KUALA LUMPUR (Dec 6): It is no secret that the Malaysian construction market has slowed down markedly since the 14th general election in May last year, but the situation is so dire that certain contractors are putting in below cost bids just to keep their staff employed.
As such, Gamuda Bhd prefers to look overseas for more contracts and aims to derive half of its construction revenue and profit from international jobs over the next three years, said its managing director Datuk Lin Yun Ling after the company’s annual general meeting yesterday.
He said that Gamuda’s construction order book currently stands at about RM9.2 billion, with about a fifth of revenue and profit from overseas contracts. And as the infrastructure company has decided to make Australia its “second home market”, he indicated there would be “quite a few tenders in the pipeline”.
“We find that there are not enough big projects in Malaysia. Even if we look at big projects currently, more than half of them are actually done by Chinese contractors, and these Chinese state-owned enterprise contractors, if they want the project, they can easily tender even at a loss. So how are we going to compete with them? So we have no choice, we have to go overseas.”
While the Chinese contractors “are not exactly edging out” local contractors, their presence is a concern given that the volume of projects have slowed to a trickle, he said, now made worse by the stuttering Chinese economy. “So when things slow down there (China), they (Chinese contractors) will go overseas,” he observed.

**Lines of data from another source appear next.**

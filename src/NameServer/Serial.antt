-- ===== src/NameServer/Serial.antt =====
-- The handlers of all connections of the name server one after the other: those of name_server/name_server.c,
-- name_server/client_handler.c and name_server/ss_handler.c in any order, each of them run to its end
-- before the next begins. The threads of the source may overlap further: no lock is held from the
-- look-up of a file to the change of it, see StaleDelete.
pub mod Trail
use distributed_concurrent_f.Prelude.{
  ℕ, false, List, [], ◌∷◌, some, Bytes, ℤ, str_eq, get_or, All, ◌≡◌, ◌∙◌, refl, ap, arith,
  Bool-cases, Option-cases, inl, inr,
}
use distributed_concurrent_f.CString.{split_string, atoi}
use distributed_concurrent_f.AccessList.{AccessNode}
use distributed_concurrent_f.HashTable.{HashTable, ht_get}
use distributed_concurrent_f.HashTable.Chain.{FileMetadata}
use distributed_concurrent_f.HashTable.Laws.{IsTable}
use distributed_concurrent_f.NameServer.{NameServer, remove_client, remove_ss, add_ss}
use distributed_concurrent_f.NameServer.Commands.{Outside, nm_command}
use distributed_concurrent_f.NameServer.ClientHandler.{enter}
use distributed_concurrent_f.NameServer.ClientHandler.Laws.{enter_table}
use distributed_concurrent_f.NameServer.Invariant.{nm_command-IsTable}
use distributed_concurrent_f.NameServer.Ownership.{rights_of, nm_command-rights}
use distributed_concurrent_f.NameServer.SsHandler.{
  listed_files, register_ss, is_no_registration, nm_handle_ss_init, nm_handle_ss_message,
}
use distributed_concurrent_f.NameServer.StorageTable.{message-IsTable, init-IsTable}
use distributed_concurrent_f.NameServer.StorageSession.{message_Keeps, relocate_rights}

-- One handler of one thread.
pub data Happening : Type 0 where
  arrives : (sock : ℕ) (user : Bytes) → Happening
  commands : (sock : ℕ) (user buffer : Bytes) (outside : Outside) → Happening
  leaves : (sock : ℕ) → Happening
  registers : (sock : ℕ) (ip buffer : Bytes) → Happening
  reports : (buffer : Bytes) (now : ℤ) → Happening
  fails : (sock : ℕ) → Happening

abbrev pub happen : NameServer → Happening → NameServer
happen nm (arrives sock user) = enter nm sock user
happen nm (commands sock user buffer outside) = nm_command nm sock user buffer outside
happen nm (leaves sock) = remove_client nm sock
happen nm (registers sock ip buffer) = nm_handle_ss_init nm sock ip buffer
happen nm (reports buffer now) = nm_handle_ss_message nm buffer now
happen nm (fails sock) = remove_ss nm sock

abbrev pub run : NameServer → List Happening → NameServer
run nm [] = nm
run nm (h ∷ happenings) = run (happen nm h) happenings

pub happen-IsTable :
    (nm : NameServer) (h : Happening) → IsTable nm.file_table → IsTable (happen nm h).file_table
unfolding remove_client remove_ss
happen-IsTable nm (arrives sock user) v = rw (enter_table nm sock user) v
happen-IsTable nm (commands sock user buffer outside) v =
    nm_command-IsTable nm sock user buffer outside v
happen-IsTable nm (leaves sock) v = v
happen-IsTable nm (registers sock ip buffer) v = init-IsTable nm sock ip buffer v
happen-IsTable nm (reports buffer now) v = message-IsTable nm buffer now v
happen-IsTable nm (fails sock) v = v

pub init_rights :
    (nm : NameServer) (sock : ℕ) (ip buffer q : Bytes)
    → rights_of (nm_handle_ss_init nm sock ip buffer).file_table q ≡ rights_of nm.file_table q
unfolding nm_handle_ss_init register_ss add_ss
init_rights nm sock ip buffer q =
    let parts = split_string buffer 32 in
    let moved =
      relocate_rights nm.file_table ip (atoi (get_or parts 1 [])) (listed_files (get_or parts 2 []))
        q in
    elim (Bool-cases (is_no_registration parts)) [
      | inl e ↦ rw (e, nm_handle_ss_init) refl
      | inr e ↦ rw (e, nm_handle_ss_init) moved
    ]
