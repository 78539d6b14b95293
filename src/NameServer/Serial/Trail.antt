-- ===== src/NameServer/Serial/Trail.antt =====
-- The catalog of the name server while the handlers of its connections (name_server/client_handler.c,
-- name_server/ss_handler.c) run one after the other.
use distributed_concurrent_f.Prelude.{◌≡◌, ◌≤◌, List, [], ◌∷◌, Bytes, All, length, max_name, refl}
use distributed_concurrent_f.CString.{split_string, trim_newline}
use distributed_concurrent_f.NameServer.{NameServer, remove_client, remove_ss}
use distributed_concurrent_f.NameServer.Catalog.{Catalog, catalog, Change}
use distributed_concurrent_f.NameServer.ClientHandler.Laws.{enter_table}
use distributed_concurrent_f.NameServer.Ownership.{rights_of}
use distributed_concurrent_f.NameServer.Refinement.Commands.{ShortWords, Tidy, nm_command-refines}
use distributed_concurrent_f.NameServer.Refinement.Rights.{Same, rights-Same, rights-Tidy}
use distributed_concurrent_f.NameServer.StorageSession.{message_Keeps}
use distributed_concurrent_f.NameServer.Serial.{
  Happening, arrives, commands, leaves, registers, reports, fails, happen, run, happen-IsTable,
  init_rights,
}

-- What a handler may do to the catalog: a command what its user may, any other nothing.
abbrev pub Effect : Happening → Catalog → Catalog → Type 0
Effect (arrives sock user) c d = Same c d
Effect (commands sock user buffer outside) c d = Change user c d
Effect (leaves sock) c d = Same c d
Effect (registers sock ip buffer) c d = Same c d
Effect (reports buffer now) c d = Same c d
Effect (fails sock) c d = Same c d

-- The catalogs that one handler after the other leaves.
pub data Trail : List Happening → Catalog → Catalog → Type 0 where
  rests : {c : Catalog} → Trail [] c c
  goes_on :
      {h : Happening} {happenings : List Happening} {c d e : Catalog}
      → Effect h c d
      → Trail happenings d e
      → Trail (h ∷ happenings) c e

-- No name of a user is cut, and no word of a command is.
abbrev pub Fits : Happening → Type 0
Fits (arrives sock user) = Unit
Fits (commands sock user buffer outside) =
    (length user ≤ max_name) × ShortWords (split_string (trim_newline buffer) 32)
Fits (leaves sock) = Unit
Fits (registers sock ip buffer) = Unit
Fits (reports buffer now) = Unit
Fits (fails sock) = Unit

abbrev Follows : NameServer → Happening → Type 0
Follows nm h =
    Effect h (catalog nm.file_table) (catalog (happen nm h).file_table) × Tidy (happen nm h)

-- A handler that leaves all rights alone.
quiet :
    (nm : NameServer) (h : Happening)
    → ((q : Bytes) → rights_of (happen nm h).file_table q ≡ rights_of nm.file_table q)
    → Tidy nm
    → Same (catalog nm.file_table) (catalog (happen nm h).file_table) × Tidy (happen nm h)
quiet nm h same tidy = (
  rights-Same nm.file_table (happen nm h).file_table same,
  rights-Tidy nm (happen nm h) same (happen-IsTable nm h tidy.table) tidy,
)

happen-Follows : (nm : NameServer) (h : Happening) → Fits h → Tidy nm → Follows nm h
unfolding remove_client remove_ss
happen-Follows nm (arrives sock user) fits tidy =
    quiet nm (arrives sock user) (λ q. rw (enter_table nm sock user) refl) tidy
happen-Follows nm (commands sock user buffer outside) fits tidy =
    nm_command-refines nm sock user buffer outside tidy fits.0 fits.1
happen-Follows nm (leaves sock) fits tidy = quiet nm (leaves sock) (λ q. refl) tidy
happen-Follows nm (registers sock ip buffer) fits tidy =
    quiet nm (registers sock ip buffer) (init_rights nm sock ip buffer) tidy
happen-Follows nm (reports buffer now) fits tidy =
    quiet nm (reports buffer now) (message_Keeps nm buffer now).owners tidy
happen-Follows nm (fails sock) fits tidy = quiet nm (fails sock) (λ q. refl) tidy

-- If the table is in good order, no name of a user has more than 255 bytes and no word of a command
-- has, then in whatever order the handlers of all connections run, each to its end before the next
-- begins, a command of a user makes a change of the catalog that this user may make, every other
-- handler leaves all owners and rights as they are, and the table stays in good order.
pub run-Trail :
    (nm : NameServer) (happenings : List Happening)
    → Tidy nm
    → All Fits happenings
    → Trail happenings (catalog nm.file_table) (catalog (run nm happenings).file_table)
      × Tidy (run nm happenings)
run-Trail nm [] tidy fit = (rests, tidy)
run-Trail nm (h ∷ happenings) tidy fit =
    let (effect, after) = happen-Follows nm h fit.0 tidy in
    let (trail, last) = run-Trail (happen nm h) happenings after fit.1 in
    (goes_on effect trail, last)
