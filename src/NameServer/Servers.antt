-- ===== src/NameServer/Servers.antt =====
-- The round robin of name_server/ss_handler.c, and the list that it walks.
use distributed_concurrent_f.Prelude.{
  ℕ, zero, suc, ◌+◌, ◌≤◌, true, false, List, [], ◌∷◌, ◌≡◌, refl, arith, Option, none, some,
  List-cases, inl, inr, length, get_elem?, leb, if◌then◌else◌,
}
use distributed_concurrent_f.NameServer.{NameServer, StorageServerInfo, get_ss_for_new_file}

get_elem-within {ℓ} :
    {A : Type ℓ} (l : List A) (i : ℕ) → suc i ≤ length l → (a : A) × (get_elem? l i ≡ some a)
get_elem-within [] i h = absurd (omega arith)
get_elem-within (x ∷ l) zero h = (x, refl)
get_elem-within (x ∷ l) (suc i) h = get_elem-within l i (omega arith)

-- The index of the server that is next in turn.
abbrev pub turn : NameServer → ℕ
turn nm = if leb (length nm.ss_list) nm.next_ss_index then 0 else nm.next_ss_index

pub record TakesTurn (nm : NameServer) (found : Option StorageServerInfo × NameServer)
    : Type 0 where
  pub chosen : found.0 ≡ get_elem? nm.ss_list (turn nm)
  pub served : elim found.0 [ none ↦ false | some ss ↦ true ] ≡ leb 1 (length nm.ss_list)
  pub moved :
      found.1.next_ss_index ≡ (if leb 1 (length nm.ss_list) then turn nm + 1 else nm.next_ss_index)
  pub same_list : found.1.ss_list ≡ nm.ss_list

-- The server in turn is chosen, there is one whenever a server is connected, and the turn moves on by
-- one.
pub get_ss_for_new_file_lem : (nm : NameServer) → TakesTurn nm (get_ss_for_new_file nm)
unfolding get_ss_for_new_file
get_ss_for_new_file_lem nm = elim (List-cases nm.ss_list) [
  | inl e ↦ record {
    chosen = ground (arith, e);
    served = ground (arith, e);
    moved = ground (arith, e);
    same_list = ground (arith, e);
  }
  | inr (s, l, e) ↦ record {
    chosen = ground (arith, e);
    served =
        let found = get_elem-within nm.ss_list (turn nm) (ground (arith, e)) in
        ground (arith, e, found.1);
    moved = ground (arith, e);
    same_list = ground (arith, e);
  }
]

Lin opined that countries such as Australia sees less competition from Chinese contractors because of their more stringent safety requirements and regulatory compliance.
“The Australian system there is very British, which means the design and safety standards, and contract law are very stringent. Nine out of 10 of their (Chinese) contractors cannot speak English. But here, the Chinese contractor can enter more easily,” he said.
On Gamuda’s Industrialised Building System (IBS) initiatives, Lin said the group’s two IBS factories are running at a production level of about 7,000 apartment units a year. But in order to be competitive, he said production has to be ramped up to above 8,000 apartment units a year.
“Our model is to go for competitive tenders. Up until the last general election, we were winning a few tenders and they were all under IBS construction. Since then we see the government housing programmes like affordable housing have either been shelved or slowed down.
“The market is very slow and very competitive now. The smaller contractors who survive, they have to submit below-cost bids, just to have some turnover to keep their people employed,” he said.
Lin said Gamuda’s IBS factories, however, are not underutilised at present as they produce for the group’s property development businesses, pending new contracts, including the one million affordable housing promised by the government.
“There are hardly any new roll-outs. All I can say is it is still a pledge,” he said.